In one possible implementation of the present application, the inlet flow pipeline is provided with a system inlet control valve, the pump rear end exhaust pipeline is provided with a rear end control valve, and the outlet gas-liquid separator discharge pipeline is provided with an outlet gas-liquid separation control valve.

In a possible implementation of the present application, both the first gas-liquid separator and the second gas-liquid separator are provided with a pressure monitoring alarm.

In a possible implementation of the present application, the first gas-liquid separator and the second gas-liquid separator are both connected to an overflow pipe, the overflow pipe is equipped with an overflow sight glass, and the overflow pipe is equipped with an overflow valve; the system outlet pipeline is provided with a system outlet control valve; the first gas-liquid separator and the second gas-liquid separator are both provided with a liquid level monitor, a pump outlet reflux pipeline is provided between the first gas-liquid separator and the system outlet pipeline, one end of the pump outlet reflux pipeline is connected to the first gas-liquid separator, and the other end is connected to the system outlet pipeline, and the pump outlet reflux pipeline is provided with a reflux control valve; the reflux control valve, the system outlet control valve, and the overflow valve are electrically connected to the liquid level monitor.

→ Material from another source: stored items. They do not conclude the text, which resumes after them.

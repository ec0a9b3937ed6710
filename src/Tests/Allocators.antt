-- ===== src/Tests/Allocators.antt =====
-- An allocator that keeps the list of the offsets taken and hands out the last one that is free.
use egressgateway.Prelude.{
  ℕ, zero, suc, ◌<◌, ◌≡◌, refl, Bool, true, false, not, List, [], ◌∷◌, Option, none, some, nat_beq,
  if◌then◌else◌, arith, Result, ok, Bool-cases, inl, inr,
}
use egressgateway.Prelude.Int.{ℤ, pos, negsuc}
use egressgateway.MarkAllocator.Range.{Allocator, IsAllocator}

abbrev pub Taken : Type 0
Taken = ℤ × List ℕ

unfoldable pub member : List ℕ → ℕ → Bool
member [] j = false
member (i ∷ xs) j = if nat_beq i j then true else member xs j

unfoldable pub without : ℕ → List ℕ → List ℕ
without i [] = []
without i (x ∷ xs) = let rest = without i xs in if nat_beq i x then rest else x ∷ rest

unfoldable pub last_free : ℕ → List ℕ → Option ℕ
unfolding member
last_free zero xs = none
last_free (suc k) xs = elim (member xs k) [ true ↦ last_free k xs | false ↦ some k ]

abbrev pub take_free : ℤ → List ℕ → Option ℕ → Result (Option ℕ) × Taken
take_free m xs none = (ok none, (m, xs))
take_free m xs (some i) = (ok (some i), (m, i ∷ xs))

abbrev pub free_below : Taken → Option ℕ
free_below (pos n, xs) = last_free n xs
free_below (negsuc n, xs) = none

abbrev pub simple : Allocator Taken
simple = record {
  new = λ m. (m, []);
  allocate = λ a i. (ok (not (member a.1 i)), (a.0, i ∷ a.1));
  allocate_next = λ a. take_free a.0 a.1 (free_below a);
  release = λ a i. (ok tt, (a.0, without i a.1));
  has = λ a i. member a.1 i;
  offsets = λ a. a.1;
}

abbrev pub size : Taken → ℤ
size a = a.0

member-without :
    (i j : ℕ) (xs : List ℕ) → member (without i xs) j ≡ (if nat_beq i j then false else member xs j)
unfolding member without
member-without i j [] = ground arith
member-without i j (x ∷ xs) = ground (arith, member-without i j xs)

last_free-some :
    (n : ℕ) (xs : List ℕ) (i : ℕ) → last_free n xs ≡ some i → (member xs i ≡ false) × (i < n)
unfolding last_free
last_free-some zero xs i h = cc
last_free-some (suc k) xs i h = elim (Bool-cases (member xs k)) [
  | inl t ↦ let (free, less) = last_free-some k xs i (ground (arith, h)) in (free, omega arith)
  | inr f ↦ (ground (arith, h), ground (arith, h))
]

take_free-some :
    (m : ℤ) (xs : List ℕ) (q : Option ℕ) (i : ℕ)
    → (take_free m xs q).0 ≡ ok (some i)
    → (q ≡ some i) × ((take_free m xs q).1 ≡ (m, i ∷ xs))
take_free-some m xs none i h = cc
take_free-some m xs (some k) i h = (cc, cc)

size-take_free : (m : ℤ) (xs : List ℕ) (q : Option ℕ) → (take_free m xs q).1.0 ≡ m
size-take_free m xs none = refl
size-take_free m xs (some k) = refl

free_below-some :
    (a : Taken) (i : ℕ)
    → free_below a ≡ some i
    → (member a.1 i ≡ false) × ((n : ℕ) → a.0 ≡ pos n → i < n)
free_below-some (pos k, xs) i h =
    let (free, less) = last_free-some k xs i h in (free, (λ n e. ground arith))
free_below-some (negsuc k, xs) i h = cc

pub simple-IsAllocator : IsAllocator simple size
unfolding member
simple-IsAllocator = record {
  size_new = λ m. refl;
  has_new = λ m i. refl;
  allocate_result = λ a i. refl;
  has_allocate = λ a i j. refl;
  size_allocate = λ a i. refl;
  next_free = λ a i h. free_below-some a i (take_free-some a.0 a.1 (free_below a) i h).0;
  has_next = λ a i j h. rw (take_free-some a.0 a.1 (free_below a) i h).1;
  size_next = λ a. size-take_free a.0 a.1 (free_below a);
  release_result = λ a i. refl;
  has_release = λ a i j. member-without i j a.1;
  size_release = λ a i. refl;
}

In one possible implementation of the present application, the inlet flow pipeline is provided with a gas content monitoring device, and the rear-end control valve, outlet gas-liquid separation control valve, reflux control valve, system outlet control valve, and overflow valve are all electrically connected to the gas content monitoring device.

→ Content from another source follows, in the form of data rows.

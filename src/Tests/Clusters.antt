-- ===== src/Tests/Clusters.antt =====
-- A gateway with three nodes: one holds an EIP, one is free, one is not ready.
use egressgateway.Prelude.{◌-◌, nat_beq, String, false, List, [], ◌∷◌, none, ◌==◌, if◌then◌else◌}
use egressgateway.Prelude.Int.{pos}
use egressgateway.Api.{
  Policy, Eips, EgressIpStatus, EgressGateway, EgressIp, eip_allocator_default, eip_allocator_rr,
}
use egressgateway.Ip.Address.{Ip, nil, v4}
use egressgateway.Ip.Text.{Host}
use egressgateway.Gateway.Nodes.{Request}

-- it knows the texts of three addresses
abbrev pub toy_parse : String → Ip
toy_parse s =
    if s == "10.6.0.1"
    then v4 0x0a060001
    else if s == "10.6.0.2"
    then v4 0x0a060002
    else if s == "10.6.0.3"
    then v4 0x0a060003
    else nil

abbrev pub toy_string : Ip → String
toy_string (v4 n) =
    if nat_beq n 0x0a060001
    then "10.6.0.1"
    else if nat_beq n 0x0a060002
    then "10.6.0.2"
    else "10.6.0.3"
toy_string _ = "<nil>"

abbrev pub toy_host : Host
toy_host = record {
  text = record {
    parse_ip = toy_parse;
    ip_string = toy_string;
    parse_cidr = λ s. none;
    is_ipv4 = λ s. toy_string (toy_parse s) == s;
    is_ipv6 = λ s. false;
  };
  runtime = record { range_keys = λ keys. keys; intn = λ n. n - 1 };
  fuel = 8;
}

abbrev pub web : Request
web = record { namespace = "default"; name = "web" }

abbrev pub mail : Request
mail = record { namespace = "default"; name = "mail" }

abbrev pub web_policy : Policy
web_policy = record { name = "web"; namespace = "default" }

abbrev pub mail_policy : Policy
mail_policy = record { name = "mail"; namespace = "default" }

abbrev pub first_eip : Eips
first_eip = record { ipv4 = "10.6.0.1"; ipv6 = ""; policies = web_policy ∷ [] }

abbrev pub second_eip : Eips
second_eip = record { ipv4 = "10.6.0.2"; ipv6 = ""; policies = mail_policy ∷ [] }

abbrev pub node1 : EgressIpStatus
node1 = record { name = "node1"; eips = first_eip ∷ []; status = "Ready" }

abbrev pub node2 : EgressIpStatus
node2 = record { name = "node2"; eips = []; status = "Ready" }

abbrev pub node3 : EgressIpStatus
node3 = record { name = "node3"; eips = []; status = "NodeNotReady" }

abbrev pub gateway : List EgressIpStatus → EgressGateway
gateway nodes = record {
  meta = record { name = "egw"; namespace = ""; labels = []; finalizers = []; deleting = false };
  spec = record {
    cluster_default = false;
    ippools = record {
      ipv4 = "10.6.0.1" ∷ "10.6.0.2-10.6.0.3" ∷ [];
      ipv6 = [];
      ipv4_default_eip = "10.6.0.1";
      ipv6_default_eip = "";
    };
    node_selector = record { policy = ""; selector = none };
  };
  status = record {
    node_list = nodes;
    ip_usage = record {
      ipv4_total = pos 3;
      ipv4_free = pos 2;
      ipv6_total = pos 0;
      ipv6_free = pos 0;
    };
  };
}

abbrev pub cluster : EgressGateway
cluster = gateway (node1 ∷ node2 ∷ node3 ∷ [])

abbrev pub by_default : EgressIp
by_default = record {
  ipv4 = "";
  ipv6 = "";
  use_node_ip = false;
  allocator_policy = eip_allocator_default;
}

abbrev pub by_rr : EgressIp
by_rr = record by_default { allocator_policy = eip_allocator_rr }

One or more technical solutions provided in the embodiments of the present invention have at least the following technical effects or advantages:

(1) The present application is provided with a first gas-liquid separator, which realizes the separation of gas-liquid two-phase medium before the gas-liquid two-phase medium enters the pump body, thereby reducing the gas content entering the pump body and reducing the probability of the pump body being blocked.

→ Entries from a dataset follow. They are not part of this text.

-- ===== src/Tests/ControllerRuns.antt =====
-- The theorems on the loop of reconcileGateway, with an API server that holds a list of tunnels.
use egressgateway.Prelude.{
  ◌+◌, ◌*◌, ◌≡◌, ◌≢◌, refl, String, true, false, ◌==◌, if◌then◌else◌, List, [], ◌∷◌, ◌⊎◌, inl, inr,
  Option, none, some, ok, err, Error, Option-cases, length, Result, arith,
}
use egressgateway.Api.{EgressGateway, EgressPolicy, EgressTunnel}
use egressgateway.Ip.Range.{has_mark}
use egressgateway.Ip.Address.{cmp, next_ip}
use egressgateway.Ip.Range.{parse_ip_range, parse_ip_ranges, range_loop, ips_diff_set}
use egressgateway.Ip.Cidr.{put_ip, convert_cidr_or_iprange_to_ips}
use egressgateway.Ip.Merge.{merge_ip_ranges}
use mathlib.Core.List.{filter_map}
use egressgateway.Gateway.Lookup.{AssignedIp, get_assigned_ip}
use egressgateway.Gateway.Nodes.{keep_best}
use egressgateway.Gateway.Assign.{assign_ip}
use egressgateway.Gateway.Recorded.{as_read}
use egressgateway.Controller.Policy.{assign_and_update}
use egressgateway.Controller.Records.{assign_and_update-records}
use egressgateway.Controller.Flow.{Exec, next, out_of_fuel}
use egressgateway.Controller.Client.{Client, Labels}
use egressgateway.Controller.GatewaySync.{Sync, sync_loop}
use egressgateway.Controller.SyncEnds.{sync_loop_enough}
use egressgateway.Controller.Lost.{sync_loop-lost}
use egressgateway.Ip.Range.{delete_mark}
use egressgateway.Tests.Clusters.{
  gateway, cluster, mail, second_eip, by_rr, toy_host, node1, node2, node3,
}
use egressgateway.Tests.Texts.{tally_host}

abbrev Server : Type 0
Server = List EgressTunnel

unfoldable find_tunnel : String → Server → Option EgressTunnel
find_tunnel name [] = none
find_tunnel name (t ∷ ts) =
    let rest = find_tunnel name ts in if t.meta.name == name then some t else rest

abbrev found : {A : Type 0} → Option A → Result A
found none = err Error.not_found
found (some a) = ok a

-- it answers for tunnels only
abbrev server : Client Server
server = record {
  get_gateway = λ name s. (err Error.not_found, s);
  list_gateways = λ s. (ok [], s);
  update_gateway = λ g s. (err Error.not_found, s);
  update_gateway_status = λ g s. (err Error.not_found, s);
  get_policy = λ ns name s. (err Error.not_found, s);
  list_policies = λ s. (ok [], s);
  update_policy = λ p s. (err Error.not_found, s);
  update_policy_status = λ p s. (err Error.not_found, s);
  get_cluster_policy = λ ns name s. (err Error.not_found, s);
  list_cluster_policies = λ s. (ok [], s);
  update_cluster_policy_status = λ p s. (err Error.not_found, s);
  get_node = λ name s. (err Error.not_found, s);
  list_nodes = λ l s. (ok [], s);
  get_tunnel = λ name s. (found (find_tunnel name s), s);
}

abbrev any_labels : Labels
any_labels = record { as_selector = λ s. ok (λ l. true) }

answers :
    (name : String) (s : Server)
    → ((s' : Server) × (t : EgressTunnel) × (server.get_tunnel name s ≡ (ok t, s')))
      ⊎ ((s' : Server) × (x : Error) × (server.get_tunnel name s ≡ (err x, s')))
answers name s = elim (Option-cases (find_tunnel name s)) [
  | inl e ↦ inr (s, Error.not_found, ground (arith, e))
  | inr (t, e) ↦ inl (s, t, ground (arith, e))
]

abbrev tunnels : Server
tunnels =
    record {
      meta = record {
        name = "node2";
        namespace = "";
        labels = [];
        finalizers = [];
        deleting = false;
      };
      status = record {
        tunnel = record {
          ipv4 = "";
          ipv6 = "";
          mac = "";
          parent = record { name = ""; ipv4 = ""; ipv6 = "" };
        };
        phase = "Ready";
        mark = [];
        last_heartbeat_time = 0;
      };
    }
    ∷ []

abbrev sync : Sync
sync = record {
  nodes = node1 ∷ node2 ∷ node3 ∷ [];
  keys = "node1" ∷ "node2" ∷ [];
  need_move = [];
  need_update = false;
}

sync_loop_enough_example :
    (sync_loop server server any_labels tally_host (2 * length sync.nodes + 1) 0 sync tunnels).0
    ≢ out_of_fuel
sync_loop_enough_example = sync_loop_enough server server any_labels tally_host answers sync tunnels

no_tunnel : server.get_tunnel "node1" tunnels ≡ (err Error.not_found, tunnels)
unfolding find_tunnel
no_tunnel = refl

marked : has_mark "node1" sync.keys ≡ true
unfolding has_mark
marked = refl

sync_loop-lost_example :
    sync_loop server server any_labels tally_host 6 0 sync tunnels
    ≡ sync_loop server server any_labels tally_host 4 0
        (record {
          nodes = node2 ∷ node3 ∷ [];
          keys = delete_mark "node1" sync.keys;
          need_move = node1.eips;
          need_update = true;
        })
        tunnels
sync_loop-lost_example =
    sync_loop-lost server server any_labels tally_host 4 [] (node2 ∷ node3 ∷ []) node1 sync tunnels
      tunnels refl marked no_tunnel

abbrev policy : EgressPolicy
policy = record {
  meta = record {
    name = "mail";
    namespace = "default";
    labels = [];
    finalizers = [];
    deleting = false;
  };
  spec = record { egress_gateway_name = "egw"; egress_ip = by_rr };
  status = record { eip = record { ipv4 = ""; ipv6 = "" }; node = "" };
}

abbrev with_mail : EgressGateway
with_mail = gateway (node1 ∷ record node2 { eips = second_eip ∷ [] } ∷ node3 ∷ [])

abbrev no_update : EgressPolicy → AssignedIp → Exec Server (Unit {0})
no_update p a s = (ok tt, s)

policy_runs :
    assign_and_update server server toy_host no_update false mail cluster policy tunnels
    ≡ (next with_mail, tunnels)
unfolding assign_and_update assign_ip get_assigned_ip merge_ip_ranges convert_cidr_or_iprange_to_ips
    parse_ip_ranges ips_diff_set parse_ip_range cmp range_loop next_ip filter_map put_ip keep_best
policy_runs = refl

assign_and_update-records_example :
    (a : AssignedIp) × (get_assigned_ip with_mail "default" "mail" ≡ some a)
    × ((get_assigned_ip cluster "default" "mail" ≡ some a)
        ⊎ ((b : AssignedIp) × (g1 : EgressGateway) × (a ≡ as_read b)
            × (assign_ip toy_host cluster mail by_rr ≡ ok (some b, g1))))
assign_and_update-records_example =
    assign_and_update-records server server toy_host no_update false mail cluster policy with_mail
      tunnels tunnels (inl refl) policy_runs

(2) The present application configures the pump body as a vertical pump. Through the positional relationship between the vertical pump and the first gas-liquid separator, and under the joint action of the main impeller, the exhaust hole, the impeller cover, the impeller cover rear cavity, the auxiliary impeller, the suction and exhaust disc and the pump cover air cavity, the gas phase and part of the liquid phase mixture can be transported to the second gas-liquid separator. The structure is compact, flexible and convenient.

(3) The present application is provided with a second gas-liquid separator, through which the gas-liquid mixture input by the pump body can be separated for a second time, thereby improving the separation efficiency.

(4) The present application is provided with an overflow pipe, an overflow valve, a system outlet control valve, a pump outlet reflux pipeline and a reflux control valve. When the liquid levels of the first gas-liquid separator, the first gas-liquid separator and the second gas-liquid separator are in an abnormal state, dynamic adjustments can be made to reduce the probability of the system not being able to work normally due to changes in the liquid level.

(5) The present application is provided with a pressure monitoring alarm, which can monitor the internal pressure of the first gas-liquid separator and the second gas-liquid separator to improve the safety of the system.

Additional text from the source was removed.